The truncation decision
Illumina quality profiles typically show a characteristic pattern: high-quality bases at the start of the read (Q ≥ 30), followed by a gradual or sharp drop toward the 3′ end. This drop-off point is a natural guide for where to truncate. A Q30 score means a 1-in-1,000 chance of a base call error; Q25 means roughly 1-in-300. Truncation is generally recommended when quality consistently falls below Q30 across the majority of reads.
Two constraints must be balanced:
- Quality: truncate where quality drops, to remove unreliable bases.
- Overlap: for paired-end data, after truncation the forward and reverse reads must still overlap enough to merge typically at least 20–30 bp.
The overlap available is: overlap = (R1 truncated length + R2 truncated length) − amplicon length. For V3–V4 (~460 bp) with 2×250 reads, truncating R1 to 230 and R2 to 200 leaves 30 bp of overlap. This would be workable. Truncating R2 to 180 leaves only 10 bp which is likely to cause most pairs to fail merging. In these cases, it is important to consider the quality scores as well as ensure that the paired reads have overlap.
If truncation is too aggressive, you may eliminate the overlap region and reads cannot be merged for paired-end sequencing. To retain around 20–50 bp of overlap, ensure that you do not trim the sequences too short.
Max combined trim = (R1 length + R2 length) − amplicon length − min overlap
Here is a table to help get a sense of how much can be trimmed without removing the overlap between the reads.

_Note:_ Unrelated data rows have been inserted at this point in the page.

-- ===== src/Storage/PostingRepo.antt =====
-- storage_postgres/posting/repository.py over the table `postings`.
pub mod Batch
pub mod Success
use trutina.Base.{
  ℕ, ◌+◌, Bool, true, false, not, ◌&&◌, Option, none, some, List, [], ◌∷◌, ◌++◌, if◌then◌else◌, leb,
  ◌==◌, same, Text, text, select, any, sort_by,
}
use trutina.Platform.{Platform}
use trutina.Errors.{Error, Value, integer, string, conflict, journal_already_posted}
use trutina.Schema.{Check, pass_all}
use trutina.Rule.{account_lookup_key}
use trutina.Core.Posting.{LedgerPosting, ledger_posting}
use trutina.Core.Posting.Repo.{PostingRepo}
use trutina.Store.{
  PostingRow, World, ok, M, Done, uncaught, gets, ◌>>=◌, Constraint,
  uq_postings_journal_number_line_index, ck_postings_exactly_one_side,
  ck_postings_posting_date_range, fk_postings_journal_number, Outcome, committed, violated, execute,
}
use trutina.Storage.JournalRepo.{one_side, date_in_range, has_number, next, with_amounts}

-- `str(postings[0].journal_number if postings else None)`
unfoldable pub batch_number : List LedgerPosting → Value
batch_number [] = string (text "None")
batch_number (p ∷ ps) = integer p.journal_number

-- `_on_duplicate`
unfoldable pub on_duplicate : List LedgerPosting → Constraint → Error
unfolding conflict batch_number
on_duplicate postings _ =
    conflict journal_already_posted (text "journal_entry") (text "journal_number")
      (batch_number postings)

abbrev pub of_journal : ℕ → PostingRow → Bool
of_journal n row = row.journal_number == n

abbrev pub same_slot : PostingRow → PostingRow → Bool
same_slot r s = r.journal_number == s.journal_number && r.line_index == s.line_index

-- INSERT of one row into `postings`, its amounts already of the column type.
unfoldable pub insert_posting : PostingRow → World → Outcome Done
unfolding one_side date_in_range
insert_posting row w =
    if not (one_side row.debit_amount row.credit_amount)
    then violated ck_postings_exactly_one_side
    else if not (date_in_range w.now row.posting_date)
    then violated ck_postings_posting_date_range
    else if any (λ r. same_slot r row) w.postings
    then violated uq_postings_journal_number_line_index
    else if any (has_number row.journal_number) w.journal_entries
    then committed tt (record w { postings = w.postings ++ row ∷ [] })
    else violated fk_postings_journal_number

abbrev pub by_line : PostingRow → PostingRow → Bool
by_line r s = leb r.line_index s.line_index

abbrev pub by_date : PostingRow → PostingRow → Bool
by_date r s = leb r.posting_date s.posting_date

module _ ⦃u : Platform⦄ where
  -- The loop of `save_many`, from an index on: one transaction.
  unfoldable pub insert_postings : ℕ → Text → List LedgerPosting → World → Outcome Done
  insert_postings index created_by [] w = committed tt w
  insert_postings index created_by (p ∷ ps) w =
      let rest = insert_postings (index + 1) created_by ps in
      next
        (with_amounts (u.to_numeric p.debit_amount) (u.to_numeric p.credit_amount) λ debit credit.
          insert_posting
            (record {
              account = p.account;
              account_key = account_lookup_key p.account;
              debit_amount = debit;
              credit_amount = credit;
              journal_number = p.journal_number;
              posting_date = p.posting_date;
              line_index = index;
              created_by = created_by;
            })
            w)
        rest

  -- `_to_domain`, at the present `now`.
  unfoldable pub to_domain : ℕ → PostingRow → Check LedgerPosting
  to_domain now row =
      ledger_posting now row.account row.debit_amount row.credit_amount row.journal_number
        row.posting_date

  -- `PostgresPostingRepo`
  abbrev pub postgres_posting_repo : PostingRepo
  postgres_posting_repo = record {
    save_many = λ postings created_by.
        execute (on_duplicate postings) (insert_postings 0 created_by postings);
    get_by_account = λ account. do
      now ← gets (λ w. w.now)
      rows ← gets (λ w.
          sort_by by_date
            (select (λ r. same r.account_key (account_lookup_key account)) w.postings))
      uncaught (pass_all (to_domain now) rows);
    get_by_journal_number = λ number. do
      now ← gets (λ w. w.now)
      rows ← gets (λ w. sort_by by_line (select (of_journal number) w.postings))
      uncaught (pass_all (to_domain now) rows);
  }
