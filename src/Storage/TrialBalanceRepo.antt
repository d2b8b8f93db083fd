-- ===== src/Storage/TrialBalanceRepo.antt =====
-- storage_postgres/trial_balance/repository.py: one GROUP BY query over the table `postings`.
pub mod Totals
use trutina.Base.{
  ℕ, Bool, true, Option, none, some, List, [], ◌∷◌, if◌then◌else◌, leb, ℤ, ◌+ℤ◌, Text, same, select,
  sort_by,
}
use trutina.Platform.{Platform}
use trutina.Schema.{Check, pass_all}
use trutina.Core.TrialBalance.{AccountBalanceEntry, TrialBalanceRepo, account_balance_entry}
use trutina.Store.{PostingRow, World, ok, M, uncaught, gets, ◌>>=◌}

-- One row of the result, with the key that it is grouped by.
pub record Group : Type 0 where
  pub account_key : Text
  pub account : Text
  pub debit_total : ℤ
  pub credit_total : ℤ

-- `PostingModel.posting_date <= as_of_date`, if a date is given.
unfoldable pub in_scope : Option ℕ → PostingRow → Bool
in_scope none row = true
in_scope (some date) row = leb row.posting_date date

module _ ⦃u : Platform⦄ where
  -- A posting joins the group of its key: MIN(account), and the two sums.
  unfoldable pub add_to_groups : PostingRow → List Group → List Group
  add_to_groups row [] =
      record {
        account_key = row.account_key;
        account = row.account;
        debit_total = row.debit_amount;
        credit_total = row.credit_amount;
      }
      ∷ []
  add_to_groups row (g ∷ groups) =
      if same g.account_key row.account_key
      then record g {
        account = if u.collate g.account row.account then g.account else row.account;
        debit_total = g.debit_total +ℤ row.debit_amount;
        credit_total = g.credit_total +ℤ row.credit_amount;
      }
        ∷ groups
      else g ∷ add_to_groups row groups

  -- GROUP BY account_key
  unfoldable pub group_postings : List PostingRow → List Group → List Group
  unfolding add_to_groups
  group_postings [] groups = groups
  group_postings (row ∷ rows) groups = group_postings rows (add_to_groups row groups)

  abbrev pub by_account : Group → Group → Bool
  by_account g h = u.collate g.account h.account

  -- The query: WHERE, GROUP BY, ORDER BY.
  unfoldable pub balance_rows : Option ℕ → List PostingRow → List Group
  unfolding in_scope group_postings
  balance_rows as_of_date rows =
      sort_by by_account (group_postings (select (in_scope as_of_date) rows) [])

  -- `_to_domain`
  unfoldable pub to_domain : Group → Check AccountBalanceEntry
  to_domain g = account_balance_entry g.account g.debit_total g.credit_total

  -- `PostgresTrialBalanceRepo`
  abbrev pub postgres_trial_balance_repo : TrialBalanceRepo
  postgres_trial_balance_repo = record {
    get_account_balances = λ as_of_date. do
      rows ← gets (λ w. balance_rows as_of_date w.postings)
      uncaught (pass_all to_domain rows);
  }
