-- ===== src/Api/Journals.antt =====
-- apps/api/src/trutina/api/features/journal: schemas, mapper, handler, presenter and router. A route
-- is given a request whose schema has passed.
use trutina.Base.{ℕ, Bool, Option, List, map, Text, ℤ}
use trutina.Core.Journal.{
  JournalLineInput, CreateJournalInput, JournalLineViewModel, JournalViewModel,
}
use trutina.Store.{M, pure, ◌>>=◌}
use trutina.Api.Routes.{pre_auth_actor, Answer, created, answered}

pub record JournalLineRequest : Type 0 where
  pub account : Text
  pub debit_amount : ℤ
  pub credit_amount : ℤ

pub record CreateJournalEntryRequest : Type 0 where
  pub posting_date : ℕ
  pub lines : List JournalLineRequest
  pub description : Option Text

pub record JournalLineData : Type 0 where
  pub account : Text
  pub debit_amount : ℤ
  pub credit_amount : ℤ

pub record JournalEntryData : Type 0 where
  pub journal_number : ℕ
  pub posting_date : ℕ
  pub description : Option Text
  pub lines : List JournalLineData
  pub total_debits : ℤ
  pub total_credits : ℤ
  pub is_balanced : Bool

pub record JournalEntryResponse : Type 0 where
  pub entry : JournalEntryData

pub record JournalEntriesResponse : Type 0 where
  pub entries : List JournalEntryData

-- `_to_journal_line_input`
unfoldable pub to_journal_line_input : JournalLineRequest → JournalLineInput
to_journal_line_input line = record {
  account = line.account;
  debit_amount = line.debit_amount;
  credit_amount = line.credit_amount;
}

unfoldable pub to_create_journal_input : CreateJournalEntryRequest → CreateJournalInput
unfolding to_journal_line_input
to_create_journal_input request = record {
  posting_date = request.posting_date;
  lines = map to_journal_line_input request.lines;
  description = request.description;
}

-- `_to_journal_line_data`
unfoldable pub to_journal_line_data : JournalLineViewModel → JournalLineData
to_journal_line_data line = record {
  account = line.account;
  debit_amount = line.debit_amount;
  credit_amount = line.credit_amount;
}

-- `_to_journal_entry_data`
unfoldable pub to_journal_entry_data : JournalViewModel → JournalEntryData
unfolding to_journal_line_data
to_journal_entry_data view_model = record {
  journal_number = view_model.journal_number;
  posting_date = view_model.posting_date;
  description = view_model.description;
  lines = map to_journal_line_data view_model.lines;
  total_debits = view_model.total_debits;
  total_credits = view_model.total_credits;
  is_balanced = view_model.is_balanced;
}

unfoldable pub to_journal_entry_response : JournalViewModel → JournalEntryResponse
unfolding to_journal_entry_data
to_journal_entry_response view_model = record { entry = to_journal_entry_data view_model }

unfoldable pub to_journal_entries_response : List JournalViewModel → JournalEntriesResponse
unfolding to_journal_entry_data
to_journal_entries_response view_models = record { entries = map to_journal_entry_data view_models }

-- The operations of the service that the handlers call.
pub record JournalService : Type 0 where
  pub create_journal_entry : CreateJournalInput → Text → M JournalViewModel
  pub get_journal_entry : ℕ → M JournalViewModel
  pub list_journal_entries : M (List JournalViewModel)

module _ (service : JournalService) where
  -- `POST /journal-entries`
  unfoldable pub post_entry : CreateJournalEntryRequest → M (Answer JournalEntryResponse)
  unfolding to_create_journal_input to_journal_entry_response
  post_entry request = do
    view_model ← service.create_journal_entry (to_create_journal_input request) pre_auth_actor
    pure (created (to_journal_entry_response view_model))

  -- `GET /journal-entries`
  unfoldable pub get_entries : M (Answer JournalEntriesResponse)
  unfolding to_journal_entries_response
  get_entries = do
    view_models ← service.list_journal_entries
    pure (answered (to_journal_entries_response view_models))

  -- `GET /journal-entries/{journal_number}`
  unfoldable pub get_entry : ℕ → M (Answer JournalEntryResponse)
  unfolding to_journal_entry_response
  get_entry journal_number = do
    view_model ← service.get_journal_entry journal_number
    pure (answered (to_journal_entry_response view_model))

| Region | Typical primers | Amplicon (~bp) | Typical reads | Max combined trim (bp) |
|---|---|---|---|---|
| V1–V2 | 27F / 338R | 300 | 2×250 | 180 |
| V4 | 515F / 806R | 253 | 2×250 | 227 |
| V4–V5 | 515F / 926R | 380 | 2×250 | 100 |
| V3–V4 | 341F / 805R | 460 | 2×300 | 120 |
| V3–V4 | 341F / 805R | 460 | 2×250 | 20 |
| V1–V3 | 27F / 519R | 490 | 2×300 | 90 |
Changing truncation lengths between samples is not valid. This would affect error rates differently across samples and make them incomparable. Choose one set of parameters for the entire dataset based on the median quality profile across all samples.
Expected errors vs. quality score cutoffs
DADA2 uses the expected errors framework: rather than filtering on per-base quality scores directly, it computes the expected number of errors in an entire read as the sum of the error probabilities at each position. maxEE = 2 means: discard any read where the expected number of errors exceeds 2.

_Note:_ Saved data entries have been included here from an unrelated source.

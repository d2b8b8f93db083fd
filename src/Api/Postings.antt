-- ===== src/Api/Postings.antt =====
-- apps/api/src/trutina/api/features/posting and trial_balance: schemas, mapper, handler, presenter
-- and router. A route is given path and query values whose checks have passed.
use trutina.Base.{ℕ, Bool, Option, List, map, Text, ℤ}
use trutina.Platform.{Platform}
use trutina.Rule.{strip}
use trutina.Core.Posting.{PostingViewModel, view_is_debit}
use trutina.Core.TrialBalance.{
  AccountBalanceEntry, TrialBalanceViewModel, total_debits, total_credits, is_balanced,
}
use trutina.Store.{M, pure, ◌>>=◌}
use trutina.Api.Routes.{pre_auth_actor, Answer, created, answered}

pub record PostingItem : Type 0 where
  pub account : Text
  pub debit_amount : Option ℤ
  pub credit_amount : Option ℤ
  pub journal_number : ℕ
  pub posting_date : ℕ
  pub is_debit : Bool

pub record PostingListResponse : Type 0 where
  pub postings : List PostingItem

pub record AccountBalanceItem : Type 0 where
  pub account : Text
  pub debit_total : ℤ
  pub credit_total : ℤ

pub record TrialBalanceResponse : Type 0 where
  pub entries : List AccountBalanceItem
  pub as_of_date : Option ℕ
  pub total_debits : ℤ
  pub total_credits : ℤ
  pub is_balanced : Bool

unfoldable pub to_posting_item : PostingViewModel → PostingItem
unfolding view_is_debit
to_posting_item view_model = record {
  account = view_model.account;
  debit_amount = view_model.debit_amount;
  credit_amount = view_model.credit_amount;
  journal_number = view_model.journal_number;
  posting_date = view_model.posting_date;
  is_debit = view_is_debit view_model;
}

unfoldable pub to_posting_list_response : List PostingViewModel → PostingListResponse
unfolding to_posting_item
to_posting_list_response view_models = record { postings = map to_posting_item view_models }

unfoldable pub to_account_balance_item : AccountBalanceEntry → AccountBalanceItem
to_account_balance_item entry = record {
  account = entry.account;
  debit_total = entry.debit_total;
  credit_total = entry.credit_total;
}

unfoldable pub to_trial_balance_response : TrialBalanceViewModel → TrialBalanceResponse
unfolding to_account_balance_item total_debits total_credits is_balanced
to_trial_balance_response view_model = record {
  entries = map to_account_balance_item view_model.entries;
  as_of_date = view_model.as_of_date;
  total_debits = total_debits view_model;
  total_credits = total_credits view_model;
  is_balanced = is_balanced view_model;
}

-- A date of a query, which may have a time zone.
pub data QueryDate : Type 0 where
  naive : ℕ → QueryDate
  aware : ℕ → QueryDate

-- `GET /trial-balance`, over the operation of the service
unfoldable pub get_trial_balance :
    (Option QueryDate → M TrialBalanceViewModel)
    → Option QueryDate
    → M (Answer TrialBalanceResponse)
unfolding to_trial_balance_response
get_trial_balance service as_of = do
  view_model ← service as_of
  pure (answered (to_trial_balance_response view_model))

-- `to_account`
unfoldable pub to_account : ⦃u : Platform⦄ → Text → Text
unfolding strip
to_account account = strip account

-- The operations of the service that the handlers call.
pub record PostingService : Type 0 where
  pub post_journal_entry : ℕ → Text → M (List PostingViewModel)
  pub get_postings_by_account : Text → M (List PostingViewModel)
  pub get_postings_by_journal_number : ℕ → M (List PostingViewModel)

module _ (service : PostingService) where
  -- `POST /postings/{journal_number}`
  unfoldable pub post_posting : ℕ → M (Answer PostingListResponse)
  unfolding to_posting_list_response
  post_posting journal_number = do
    postings ← service.post_journal_entry journal_number pre_auth_actor
    pure (created (to_posting_list_response postings))

  -- `GET /postings/by-journal/{journal_number}`
  unfoldable pub get_by_journal : ℕ → M (Answer PostingListResponse)
  unfolding to_posting_list_response
  get_by_journal journal_number = do
    postings ← service.get_postings_by_journal_number journal_number
    pure (answered (to_posting_list_response postings))

  -- `GET /postings/by-account/{account}`
  unfoldable pub get_by_account : ⦃u : Platform⦄ → Text → M (Answer PostingListResponse)
  unfolding to_account to_posting_list_response
  get_by_account account = do
    postings ← service.get_postings_by_account (to_account account)
    pure (answered (to_posting_list_response postings))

This is more principled than “discard reads with any base below Q30” because it considers the whole read rather than being thrown off by a single low-quality base.
Make sure that you carefully note the selection of where to truncate based on quality scores for both the forward and reverse reads. This is necessary for others to reproduce your results and should be reported in the methods section of any manuscript.
DADA2 filterAndTrim
See here for more information: documentation
# In R using the dada2 package:
filtered <- filterAndTrim(
fwd = forward_reads,
filt = forward_filtered,
rev = reverse_reads,
filt.rev = reverse_filtered,
truncLen = c(230, 200), # truncate R1 at 230 bp, R2 at 200 bp
maxEE = c(2, 2), # maximum expected errors per read
truncQ = 2, # truncate at quality score 2 or below
rm.phix = TRUE, # remove PhiX reads if present
compress = TRUE,
multithread = TRUE
)QIIME2 denoise-paired
See here for more information: documentation
# In command line using the QIIME2 framework:
qiime dada2 denoise-paired \
--i-demultiplexed-seqs demultiplexed-sequences.qza \
--p-trunc-len-f 230 \
--p-trunc-len-r 200 \
--p-max-ee-f 2 \
--p-max-ee-r 2 \
--p-n-threads N \
--o-representative-sequences asv-sequences-0.qza \
--o-table feature-table-0.qza \
--o-denoising-stats dada2-stats.qzaWhat gets discarded
After filtering, check how many reads were retained per sample. Generally, you want to run the same QC report you ran previously (e.g. FastQC or QIIME2 demux summarize) to consider the impact of trimming and truncation on sample quality. Typical retention rates:
- 70–90% is normal
- <50% suggests something went wrong: poor run quality, very long amplicon with insufficient overlap, or parameters that are too aggressive
A sample that loses >80% of its reads may not have enough depth for reliable analysis and may need to be excluded.